# Dd



## clinder (Mar 2, 2005)

you got a camera phone? if so pm me the area code and number so i can send you some recent picts.


----------



## Drumdum (Jan 6, 2003)

Na,ain't got any of those "newfangled" phone gagets.. One of my freinds has a phone with pics,heck he can even put his planker freinds under seperate headings,like FHB Buds...   
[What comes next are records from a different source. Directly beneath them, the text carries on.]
-- ===== src/Controllers/DeviceServices/Convergence.antt =====
-- One undisturbed call of the reconciler brings a device service in sync.
use yurt_device_controller.Prelude.{
  String, ◌≡◌, ◌∙◌, ap, refl, arith, eq_iff, Bool, true, false, [], ◌∷◌, is_empty, Bool-cases, inl,
  inr,
}
use yurt_device_controller.Prelude.Io.{ok}
use yurt_device_controller.Api.{
  DeviceService, Conditions, is_zero, device_service_finalizer, set_service_conditions,
  device_service_synced_condition, device_service_managing_condition,
}
use yurt_device_controller.EdgeX.Names.{edgex_object_name, get_edge_device_service_name}
use yurt_device_controller.Controllers.Kube.{done, info}
use yurt_device_controller.Controllers.Session.Synced.{
  Kind, Stored, Responsive, IsSynced, IsNew, patch-IsNew, write_status-IsSynced,
}
use yurt_device_controller.Controllers.Session.{Session, write_status, edge_fetched, edge_created}
use yurt_device_controller.Controllers.DeviceServices.Lifecycle.{
  DeviceServiceReconciler, reconcile_delete_device_service, reconcile_create_device_service,
  adopt_service, add_service,
}
use yurt_device_controller.Controllers.DeviceServices.Reconcile.{
  after_service_delete, synchronize_service, reconcile_service, reconcile_loaded,
  update_service_conditions,
}

-- What the reconciler asks of a device service, and the calls that it makes for one.
abbrev pub kind :
    {W : Type 0} → DeviceServiceReconciler W → (DeviceService → Bool) → Kind W DeviceService
kind r accepted = record {
  accepted = accepted;
  name = λ d. get_edge_device_service_name d edgex_object_name;
  metadata = λ d. d.metadata;
  is_alive = λ d. is_zero d.metadata.deletion_timestamp;
  is_synced = λ d. d.status.synced;
  client = r.client;
  get = r.device_service_cli.get;
  create = r.device_service_cli.create;
}

module _ {W : Type 0} (r : DeviceServiceReconciler W) (name : String) (on_edge : W → Bool)
    (stored : W → Stored) (accepted : DeviceService → Bool)
    (h : Responsive (kind r accepted) name on_edge stored) where
  -- Of one session, and of one object.
  abbrev pub IsSyncedHere : Session W DeviceService → Type 0
  IsSyncedHere = IsSynced (kind r accepted) name on_edge stored

  abbrev pub IsNewHere : W → DeviceService → Type 0
  IsNewHere = IsNew (kind r accepted) name on_edge stored

  add_finalizer_lem :
      (s : Session W DeviceService)
      → IsNewHere s.world s.object
      → (s' : Session W DeviceService) × (reconcile_delete_device_service r s ≡ (ok tt, s'))
        × IsNewHere s'.world s'.object
  unfolding reconcile_delete_device_service
  add_finalizer_lem s new = elim (Bool-cases (is_empty s.object.metadata.finalizers)) [
    | inl bare ↦
        let (s', e, new') =
          patch-IsNew (kind r accepted) name on_edge stored h (device_service_finalizer ∷ []) s
            new in
        (s', ground (arith, new.alive), new')
    | inr there ↦ (s, ground (arith, new.alive), new)
  ]

  adopt_service_lem :
      (id : String) (s : Session W DeviceService)
      → on_edge s.world ≡ true
      → (stored s.world).0 ≡ s.object.metadata
      → (s' : Session W DeviceService) × (adopt_service r id s ≡ (ok tt, s')) × IsSyncedHere s'
  unfolding adopt_service
  adopt_service_lem id s present current =
      write_status-IsSynced (kind r accepted) name on_edge stored h _ refl present current

  add_service_lem :
      (d : DeviceService) (s : Session W DeviceService)
      → get_edge_device_service_name d edgex_object_name ≡ name
      → accepted d ≡ true
      → on_edge s.world ≡ false
      → (stored s.world).0 ≡ s.object.metadata
      → (s' : Session W DeviceService) × (add_service r d s ≡ (ok tt, s')) × IsSyncedHere s'
  unfolding add_service
  add_service_lem d s named takes away current =
      let (c, w', made, present, kept) = h.edge.creates d s.world named takes away in
      let there : DeviceService = record (s.object) {
        status = record (s.object.status) { edge_id = c.status.edge_id; synced = true };
      } in
      let marked =
        set_service_conditions there
          (r.conditions.mark_true device_service_synced_condition there.status.conditions) in
      let s₁ : Session W DeviceService = record {
        world = w';
        object = marked;
        trace = edge_created d ∷ s.trace;
      } in
      let (s', written, sync) =
        write_status-IsSynced (kind r accepted) name on_edge stored h s₁ refl present
          (ap (λ (x : Stored). x.0) kept ∙ current) in
      (s', ground (arith, made, written), sync)

  update_service_conditions_lem :
      (s : Session W DeviceService)
      → IsSyncedHere s
      → (s' : Session W DeviceService) × (update_service_conditions r s ≡ (ok tt, s'))
        × IsSyncedHere s'
  unfolding update_service_conditions
  update_service_conditions_lem s sync = elim (Bool-cases s.object.spec.managed) [
    | inl managed ↦
        let (s', e, sync') = written s.object.status.conditions in (s', ground arith, sync')
    | inr unmanaged ↦
        let (s', e, sync') = written (
          r.conditions.mark_false device_service_managing_condition
            "this deviceService is not managed by openyurt" info "" s.object.status.conditions) in
        (s', ground arith, sync')
  ]
    where
      written :
          (cs : Conditions)
          → let all =
              r.conditions.set_summary
                (device_service_synced_condition ∷ device_service_managing_condition ∷ [])
                cs in
            (s' : Session W DeviceService) × (write_status r.client
                (record s { object = set_service_conditions s.object all })
              ≡ (ok tt, s'))
            × IsSyncedHere s'
      written cs =
          write_status-IsSynced (kind r accepted) name on_edge stored h _ sync.marked sync.present
            (ap (λ (x : Stored). x.0) sync.recorded)

  create_lem :
      (s : Session W DeviceService)
      → IsNewHere s.world s.object
      → (s' : Session W DeviceService) × (reconcile_create_device_service r s ≡ (ok tt, s'))
        × IsSyncedHere s'
  unfolding reconcile_create_device_service
  create_lem s new = elim (Bool-cases (on_edge s.world)) [
    | inl there ↦
        let (e, w₁, found, present, kept) = h.edge.finds s.world there in
        let s₁ : Session W DeviceService = record s {
          world = w₁;
          trace = edge_fetched name ∷ s.trace;
        } in
        let (s', adopted, sync) =
          adopt_service_lem e.status.edge_id s₁ present
            (ap (λ (x : Stored). x.0) kept ∙ new.current) in
        (s', ground (arith, new.named), sync)
    | inr missing ↦
        let (e, w₁, absent, says, away, kept) = h.edge.misses s.world missing in
        let s₁ : Session W DeviceService = record s {
          world = w₁;
          trace = edge_fetched name ∷ s.trace;
        } in
        let (s', added, sync) =
          add_service_lem s.object s₁ new.named new.acceptable away
            (ap (λ (x : Stored). x.0) kept ∙ new.current) in
        (s', ground (arith, new.named), sync)
  ]

  reconcile_service_lem :
      (s : Session W DeviceService)
      → IsNewHere s.world s.object
      → (s' : Session W DeviceService) × (reconcile_service r s ≡ (ok done, s')) × IsSyncedHere s'
  unfolding reconcile_service after_service_delete synchronize_service
  reconcile_service_lem s new =
      let (s₁, guarded, new') = add_finalizer_lem s new in
      let (s₂, created, sync) = create_lem s₁ new' in
      (s₂, ground (arith, new'.alive, new'.unsynced), sync)

  -- Where the calls are answered, one call of the reconciler for a device service that is alive
  -- and not synced returns, and afterwards the edge platform has the service, and the object and
  -- the resource in the cluster are synced, whether the platform had the service before or not.
  pub new_service_gets_in_sync :
      (w : W) (d : DeviceService)
      → d.spec.node_pool ≡ r.node_pool
      → IsNewHere w d
      → (s : Session W DeviceService) × (reconcile_loaded r w d ≡ (ok done, s)) × IsSyncedHere s
  unfolding reconcile_loaded
  new_service_gets_in_sync w d own new =
      let s : Session W DeviceService = record { world = w; object = d; trace = [] } in
      let (s₁, handled, sync) = reconcile_service_lem s new in
      let (s₂, ended, sync') = update_service_conditions_lem s₁ sync in
      (s₂, ground (arith, eq_iff d.spec.node_pool r.node_pool), sync')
Can ya get them e-mailed to me? If so,would love to see a down south drummie..


----------



## Big Worm (Mar 29, 2005)

No fair, we all wanna see.


----------



## clinder (Mar 2, 2005)

yeah ill have to go buy a connection cord for the computer.


----------



## clinder (Mar 2, 2005)

actully if you pm me your email adress i think i can send em from my phone.


----------



## fisherkid (Jun 30, 2005)

I email off my phone to the computer when I have pictures to put on the computer.


----------



## Drumdum (Jan 6, 2003)

clinder said:


> actully if you pm me your email adress i think i can send em from my phone.
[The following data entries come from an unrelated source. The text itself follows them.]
-- ===== src/Controllers/DeviceServices/Creation.antt =====
-- What the first synchronization of a device service leaves behind.
use yurt_device_controller.Prelude.{
  Bool-cases, inl, inr, List, ◌∷◌, refl, String, ◌≡◌, arith, Bool, true, false, Option, none, some,
  if◌then◌else◌,
}
use yurt_device_controller.Prelude.Io.{Outcome, ok, fail}
use yurt_device_controller.Api.{
  DeviceService, set_service_conditions, device_service_synced_condition,
}
use yurt_device_controller.Clients.Errors.{is_not_found_err}
use yurt_device_controller.EdgeX.Names.{edgex_object_name, get_edge_device_service_name}
use yurt_device_controller.Controllers.Session.{
  Event, Session, any, is_creation, status_written, edge_created, edge_fetched, write_status,
}
use yurt_device_controller.Controllers.DeviceServices.Lifecycle.{
  DeviceServiceReconciler, add_service, adopt_service, reconcile_create_device_service,
  with_edge_id,
}

abbrev service_id_in : Outcome DeviceService → Option String
service_id_in (ok d) = some d.status.edge_id
service_id_in _ = none

abbrev pub service_not_found : Outcome DeviceService → Bool
service_not_found (fail e) = is_not_found_err e
service_not_found _ = false

module _ {W : Type 0} (r : DeviceServiceReconciler W) where
  abbrev pub search_service : DeviceService → W → Outcome DeviceService × W
  search_service d w = r.device_service_cli.get (get_edge_device_service_name d edgex_object_name) w

  -- The id that the service has on the edge platform when the call is over, as far as the answers
  -- tell: that of the service found, or of the one created where there was none.
  abbrev pub service_id_after : DeviceService → W → Option String
  service_id_after d w =
      let (found, w') = search_service d w in
      if service_not_found found
      then service_id_in (r.device_service_cli.create d w').0
      else service_id_in found

  -- A device service is created on the edge platform only after the platform has said that it has
  -- none.
  pub service_creation_needs_absence :
      (s : Session W DeviceService)
      → any is_creation s.trace ≡ false
      → any is_creation (reconcile_create_device_service r s).1.trace ≡ true
      → service_not_found (search_service s.object s.world).0 ≡ true
  unfolding reconcile_create_device_service adopt_service add_service write_status
  service_creation_needs_absence s quiet h = ground arith

  abbrev marked : DeviceService → String → DeviceService
  marked d id =
      set_service_conditions (with_edge_id r id d)
        (r.conditions.mark_true device_service_synced_condition d.status.conditions)

  -- Where the edge platform tells the id of the service, found or newly created, the call ends with
  -- a write of the status that says synced and has this id.
  pub service_creation_records_id :
      (s : Session W DeviceService) (id : String)
      → service_id_after s.object s.world ≡ some id
      → (d : DeviceService) × (earlier : List (Event DeviceService))
        × ((reconcile_create_device_service r s).1.trace ≡ status_written d ∷ earlier)
        × (d.status.synced ≡ true)
        × (d.status.edge_id ≡ id)
  unfolding reconcile_create_device_service adopt_service add_service write_status
  service_creation_records_id s id told =
      let name = get_edge_device_service_name s.object edgex_object_name in
      elim (Bool-cases (service_not_found (search_service s.object s.world).0)) [
        | inl absent ↦ (
          marked s.object id,
          edge_created s.object ∷ edge_fetched name ∷ s.trace,
          ground arith,
          refl,
          refl,
        )
        | inr present ↦
            (with_edge_id r id s.object, edge_fetched name ∷ s.trace, ground arith, refl, refl)
      ]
 Jody should have already sent it,so fire away..


----------



## clinder (Mar 2, 2005)

whos jody? i dont think i got it.


----------



## CrawFish (Sep 23, 2003)

clinder said:


> whos jody? i dont think i got it.


That would be Mrs. DD.


----------



## clinder (Mar 2, 2005)

ah the misses. ill check my email but no pm.


----------



## papagwedo (Jun 27, 2005)

Nice pictures clinder  PM me when you get a chance it wont let me PM you.


----------



## Drumdum (Jan 6, 2003)

clinder said:


> whos jody? i dont think i got it.


 PM on the way as well,Clinder..


----------



## Drumdum (Jan 6, 2003)

Says you're not recieving PM'S??


----------



## clinder (Mar 2, 2005)

try again now.


----------



## clinder (Mar 2, 2005)

thanks papa. it was just a few recent picts i have more but didnt want to blow your phone up!!!!!!!!!!!!!!!!!


----------



## clinder (Mar 2, 2005)

*picts sent.*

sending a couple picts to your email now DD>check it/


----------



## Drumdum (Jan 6, 2003)

Just checked,nothing???


----------



## clinder (Mar 2, 2005)

im gonna sign up as supporter tonight or tommorow ill post them.


----------



## Drumdum (Jan 6, 2003)

This is a one time deal,cause these are Tybee fish,but the youngens were so cute  ,had to make an exception,plus I'm sure some folks would like to see some "downsouth fish" as well as NC ones..  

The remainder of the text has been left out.